Хозяин делался серьезным и понимающе кивал головой. Трудно было подсчитать и учесть организацию, созданную Борисом. Собственно, весь район знал, любил и слушался его. Среди его сторонников были и комсомольцы, и милиционеры, и непутевые пьяницы, и крепкие хозяева. Только незначительное меньшинство явно стояло на стороне власти.
* * *Кузьмич слез с дачного поезда и направился в сторону поселка. Была уже глубокая осень. С тех пор, как Федька-большой установил первую связь с семьей, Кузьмич несколько раз встречался с женой.
Марья Ильинишна была самой обыкновенной русской крестьянкой. Выйдя замуж накануне германской войны, она фактически не видела мужа в течение четырех лет. В гражданской войне Кузьмич не участвовал, хотя и состоял членом подпольной Савинковской организации. При приближении Деникина к Москве должно было начаться антибольшевистское крестьянское восстание… В организации активно участвовало несколько сот человек. Собрания происходили ночью, в лесу и оврагах. После провала центра организации, находившегося в Москве, Кузьмич распустил свою группу и все участники так и не были выявлены агентурой ЧК. Годы НЭП-а Кузьмич прожил спокойно. Появились дети — двое мальчиков. Теперь одному было 10, другому 8 лет.

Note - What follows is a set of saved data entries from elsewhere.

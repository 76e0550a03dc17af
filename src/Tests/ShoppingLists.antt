-- ===== src/Tests/ShoppingLists.antt =====
-- backend/app/services/shopping_list_service.py on one account with one list and one line.
use prislapp.Prelude.{
  Option, [], arith, false, inl, none, refl, some, true, ℕ, ◌*◌, ◌++◌, ◌+◌, ◌∷◌, ◌≡◌, ◌≢◌,
}
use prislapp.Prelude.Decimal.{whole}
use prislapp.Prelude.Text.{Text}
use prislapp.ShoppingList.Evolution.{Evolves-refl}
use prislapp.ShoppingList.Exec.{Applied, Env, World, id_or_fresh, ok, rejected, stamp_if, ◌>>=◌}
use prislapp.ShoppingList.Invariant.{Inv}
use prislapp.ShoppingList.Items.{create_item_handler, patch_item_handler}
use prislapp.ShoppingList.Items.Answers.{IsPatchAnswer, patch_item_handler-answers}
use prislapp.ShoppingList.Items.Versions.{patch_item_handler-no_lost_update}
use prislapp.ShoppingList.Model.{
  CursorPayload, Db, ItemCreateRequest, ItemPatchRequest, Request, Response, ShoppingList,
  ShoppingListItem, ShoppingListMutation, active, create_item, item_create, mutation_conflict,
  of_item, patch_item, version_conflict,
}
use prislapp.ShoppingList.Mutations.{handle, mutation_row, perform, replay, single}
use prislapp.ShoppingList.Mutations.Idempotence.{single-key_reused, single-retry}
use prislapp.ShoppingList.Mutations.Soundness.{Sound, single-Sound, single_atomic}
use prislapp.ShoppingList.Queries.{
  assert_free_item_id, assert_owned_product, item_row, mutable_list, next_position,
}
use prislapp.ShoppingList.Responses.{item_response}
use prislapp.ShoppingList.Sequence.{insert_item, next_sequence, sequence}
use prislapp.ShoppingList.Validation.{validated_quantity, validated_reference}
use prislapp.Units.{each}

abbrev pub env : Env
env = record {
  clock = λ n. 1000 + n;
  uuid4 = λ n. 500 + n;
  payload_hash = λ request. hash request;
  encode_payload = λ p. p.version ∷ p.user_id ∷ p.sequence ∷ p.issued_at ∷ [];
  decode_payload = λ text. decoded text;
}
  where
    decoded : Text → Option CursorPayload
    decoded (v ∷ u ∷ s ∷ t ∷ []) =
        some (record { version = v; user_id = u; negative = false; sequence = s; issued_at = t })
    decoded _ = none

    hash : Request → ℕ
    hash (create_item list_id r) = list_id * 1000 + r.quantity.digits
    hash (patch_item list_id item_id r) = list_id * 1000 + item_id
    hash _ = 0

-- "melk"
abbrev pub milk : Text
milk = 109 ∷ 101 ∷ 108 ∷ 107 ∷ []

abbrev pub week_list : ShoppingList
week_list = record {
  id = 1;
  user_id = 7;
  name = 85 ∷ 107 ∷ 101 ∷ [];
  status = active;
  version = 1;
  content_seq = 3;
  created_at = 100;
  updated_at = 120;
  deleted_at = none;
}

abbrev pub bread_line : ShoppingListItem
bread_line = record {
  id = 10;
  user_id = 7;
  list_id = 1;
  user_product_id = some 40;
  free_text = none;
  quantity = record { negative = false; digits = 1000; places = 3 };
  quantity_unit = each;
  checked = false;
  position = 0;
  version = 1;
  sync_seq = 3;
  created_at = 120;
  updated_at = 120;
  deleted_at = none;
}

abbrev pub start : Db
start = record {
  lists = week_list ∷ [];
  items = bread_line ∷ [];
  mutations = [];
  sync_states = record { user_id = 7; sequence = 3 } ∷ [];
  products = record { id = 40; user_id = 7 } ∷ [];
  ledgers = [];
  receipts = [];
  revisions = [];
  revision_lines = [];
  receipt_items = [];
}

abbrev pub start_world : World
start_world = record { db = start; clock_reads = 0; uuid_draws = 0 }

pub start-Inv : Inv start
unfolding sequence
start-Inv = record {
  list_ids = (tt, tt);
  item_ids = (tt, tt);
  bounded = (omega arith, tt);
  covered = (inl (refl, refl, omega arith), tt);
  valid = (record { reference = tt; quantity = refl }, tt);
  limit = λ list_id. ground arith;
}

-- Two cartons of milk as free text.
abbrev milk_request : ItemCreateRequest
milk_request = record {
  id = none;
  user_product_id = none;
  free_text = some (32 ∷ milk);
  quantity = whole 2;
  quantity_unit = each;
  checked = false;
  position = none;
}

abbrev pub add_milk : Request
add_milk = create_item 1 milk_request

abbrev pub milk_response : Response
milk_response = of_item (record {
  id = 500;
  user_product_id = none;
  free_text = some milk;
  quantity = record { negative = false; digits = 2000; places = 3 };
  quantity_unit = each;
  checked = false;
  position = 1;
  version = 1;
  deleted = false;
})

abbrev pub after_milk : World
after_milk = (single env 7 77 add_milk none start_world).1

-- One loaf under the same mutation id.
abbrev add_bread : Request
add_bread = create_item 1 (record {
  id = none;
  user_product_id = some 40;
  free_text = none;
  quantity = whole 1;
  quantity_unit = each;
  checked = false;
  position = none;
})

-- Tick off the bread.
abbrev pub bread_patch : ℕ → ItemPatchRequest
bread_patch version = record {
  expected_version = version;
  quantity = none;
  quantity_unit = none;
  checked = some true;
  position = none;
  deleted = none;
}

abbrev bread_answer : Applied
bread_answer = record {
  response = of_item (record (item_response bread_line) { checked = true; version = 2 });
  list_id = 1;
  item_id = some 10;
}

abbrev after_bread : World
after_bread = (patch_item_handler env 7 1 10 (bread_patch 1) start_world).1

pub add_milk_answer : (single env 7 77 add_milk none start_world).0 ≡ ok milk_response
unfolding single handle create_item_handler mutable_list validated_reference validated_quantity
    assert_owned_product assert_free_item_id next_sequence insert_item id_or_fresh next_position
    item_response ◌>>=◌
add_milk_answer = refl

single-Sound_example : Sound 7 (sequence 7 start) start after_milk.db
single-Sound_example = single-Sound env 7 77 add_milk start_world start-Inv

-- After the milk another mutation id was stored.
abbrev other_key : ShoppingListMutation
other_key =
    mutation_row 7 item_create 70 5
      (record { response = milk_response; list_id = 1; item_id = none })

abbrev later_on : World
later_on = record after_milk {
  db = record after_milk.db { mutations = after_milk.db.mutations ++ other_key ∷ [] };
}

single-retry_example : single env 7 77 add_milk none later_on ≡ (ok milk_response, later_on)
single-retry_example =
    single-retry env 7 77 add_milk start_world milk_response start-Inv add_milk_answer none later_on
      (other_key ∷ []) refl

single-key_reused_example :
    single env 7 77 add_bread none later_on ≡ (rejected mutation_conflict, later_on)
single-key_reused_example =
    single-key_reused env 7 77 add_milk add_bread start_world milk_response start-Inv
      add_milk_answer refl (omega arith) none later_on (other_key ∷ []) refl

-- A change of the bread that was made from a version that never was.
abbrev stale_patch : Request
stale_patch = patch_item 1 10 (bread_patch 9)

stale_patch_answer :
    (single env 7 78 stale_patch none start_world).0
    ≡ rejected (version_conflict 1 (of_item (item_response bread_line)))
unfolding single handle patch_item_handler item_row mutable_list ◌>>=◌ replay perform
stale_patch_answer = refl

stale_patch-rejected : (r : Response) → (single env 7 78 stale_patch none start_world).0 ≢ ok r
stale_patch-rejected r e = cc (e, stale_patch_answer)

stale_patch_leaves_tables : (single env 7 78 stale_patch none start_world).1.db ≡ start
stale_patch_leaves_tables = single_atomic env 7 78 stale_patch start_world stale_patch-rejected

bread_bought : (patch_item_handler env 7 1 10 (bread_patch 1) start_world).0 ≡ ok bread_answer
unfolding patch_item_handler mutable_list item_row item_response next_sequence ◌>>=◌ stamp_if
bread_bought = refl

patch_item_handler-no_lost_update_example :
    (patch_item_handler env 7 1 10 (bread_patch 1) after_bread).0 ≢ ok bread_answer
patch_item_handler-no_lost_update_example =
    patch_item_handler-no_lost_update env 7 1 10 (bread_patch 1) (bread_patch 1) start_world
      bread_answer bread_bought refl 0 after_bread (Evolves-refl 7 0 after_bread.db) bread_answer

week_list-open : mutable_list 7 1 start ≡ ok week_list
unfolding mutable_list
week_list-open = refl

bread_is_found : item_row 7 1 10 start ≡ ok bread_line
unfolding item_row
bread_is_found = refl

patch_item_handler-answers_example :
    IsPatchAnswer env 7 1 start_world week_list-open bread_line
      (bread_patch 1)
      none
      (patch_item_handler env 7 1 10 (bread_patch 1) start_world).0
patch_item_handler-answers_example =
    patch_item_handler-answers env 7 1 start_world week_list-open 10 (bread_patch 1) bread_line none
      bread_is_found refl refl refl
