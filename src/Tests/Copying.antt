-- ===== src/Tests/Copying.antt =====
-- backend/app/domain/list_copy.py and the checks of backend/app/services/shopping_list_service.py on
-- a few lines.
use prislapp.Prelude.{
  All, List, Perm, [], false, filter, map, none, refl, some, true, ◌*◌, ◌-◌, ◌^◌, ◌∷◌, ◌≡◌,
}
use prislapp.ListCopy.{
  LineType, SourceListLine, SourceReceiptLine, by_position_and_id, copy_line, copy_list_lines,
  fallback_name, map_receipt_lines,
}
use prislapp.ListCopy.Laws.{
  HasReference, copy_list_lines_ordered, is_copied, map_receipt_lines-HasReference,
}
use prislapp.Prelude.Decimal.{Decimal, not_positive, whole}
use prislapp.Prelude.Sort.{IsSorted}
use prislapp.ShoppingList.Exec.{invalid_operation, ok}
use prislapp.ShoppingList.Validation.{HasOneReference, validated_quantity, validated_reference}
use prislapp.ShoppingList.Validation.Checked.{validated_quantity-positive, validated_reference-one}
use prislapp.Tests.ShoppingLists.{milk}
use prislapp.Units.{each, unknown}

abbrev bread : SourceListLine
bread = record {
  id = 10;
  user_product_id = some 40;
  free_text = none;
  quantity = whole 1;
  quantity_unit = each;
  checked = true;
  position = 1;
  deleted = false;
}

abbrev source_lines : List SourceListLine
source_lines = bread ∷ record bread { id = 11; checked = false; position = 0 } ∷ []

copy_list_lines_ordered_example :
    (ordered : List SourceListLine) × Perm ordered source_lines
    × IsSorted by_position_and_id ordered
    × (copy_list_lines source_lines true ≡ map copy_line (filter (is_copied true) ordered))
copy_list_lines_ordered_example = copy_list_lines_ordered source_lines true

copied : copy_list_lines source_lines true ≡ copy_line bread ∷ []
unfolding copy_list_lines
copied = refl

abbrev bag : SourceReceiptLine
bag = record {
  line_type = LineType.product;
  raw_product_name = 32 ∷ [];
  user_product_id = some 41;
  quantity = none;
  quantity_unit = some unknown;
  deleted = false;
  position = 0;
}

bag-HasReference : All (HasReference (40 ∷ [])) (map_receipt_lines (bag ∷ []) (40 ∷ []))
bag-HasReference = map_receipt_lines-HasReference (bag ∷ []) (40 ∷ [])

fallback :
    map_receipt_lines (bag ∷ []) (40 ∷ [])
    ≡ record {
      user_product_id = none;
      free_text = some fallback_name;
      quantity = whole 1;
      quantity_unit = each;
    }
      ∷ []
unfolding map_receipt_lines
fallback = refl

abbrev half : Decimal
half = record { negative = false; digits = 5; places = 1 }

abbrev padded_half : Decimal
padded_half = record { negative = false; digits = 500; places = 3 }

half_is_valid : validated_quantity half ≡ ok padded_half
unfolding validated_quantity
half_is_valid = refl

half_positive :
    (not_positive padded_half ≡ false)
    × (padded_half.places ≡ 3)
    × (padded_half.digits ≡ half.digits * 10 ^ (3 - half.places))
half_positive = validated_quantity-positive half padded_half half_is_valid

milk_is_valid : validated_reference none (some (32 ∷ milk)) ≡ ok (some milk)
unfolding validated_reference
milk_is_valid = refl

milk-HasOneReference : HasOneReference none (some milk)
milk-HasOneReference = validated_reference-one none (some (32 ∷ milk)) (some milk) milk_is_valid

-- Twenty-six digits do not fit the decimal context once they are padded.
too_long :
    validated_quantity (record { negative = false; digits = 10 ^ 25; places = 0 })
    ≡ invalid_operation
unfolding validated_quantity
too_long = refl

long_enough :
    validated_quantity (record { negative = false; digits = 10 ^ 24; places = 0 })
    ≡ ok (record { negative = false; digits = 10 ^ 27; places = 3 })
unfolding validated_quantity
long_enough = refl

Марья Ильинишна, когда-то красивая женщина с правильным, продолговатым лицом и большими карими глазами, теперь заплаканная и потухшая, очень боялась за мужа и страдала за детей. Хозяйство пришло в упадок, соседи сторонились, хотя внутренне и сочувствовали Марье Ильинишне. Каждый боялся за себя и поэтому Марья Ильинишна была очень одинокой. Рабочего пришлось рассчитать. Надо было на что-то решиться, но найти выход из создавшегося положения оказалось не так-то легко. Особенно она боялась свиданий. Каждый раз приходилось украдкой уходить из дома, идти по много верст целиной, лесом, делая вид, что отправилась за грибами или хворостом и потом, при непродолжительных встречах, каждое мгновенье бояться внезапного ареста.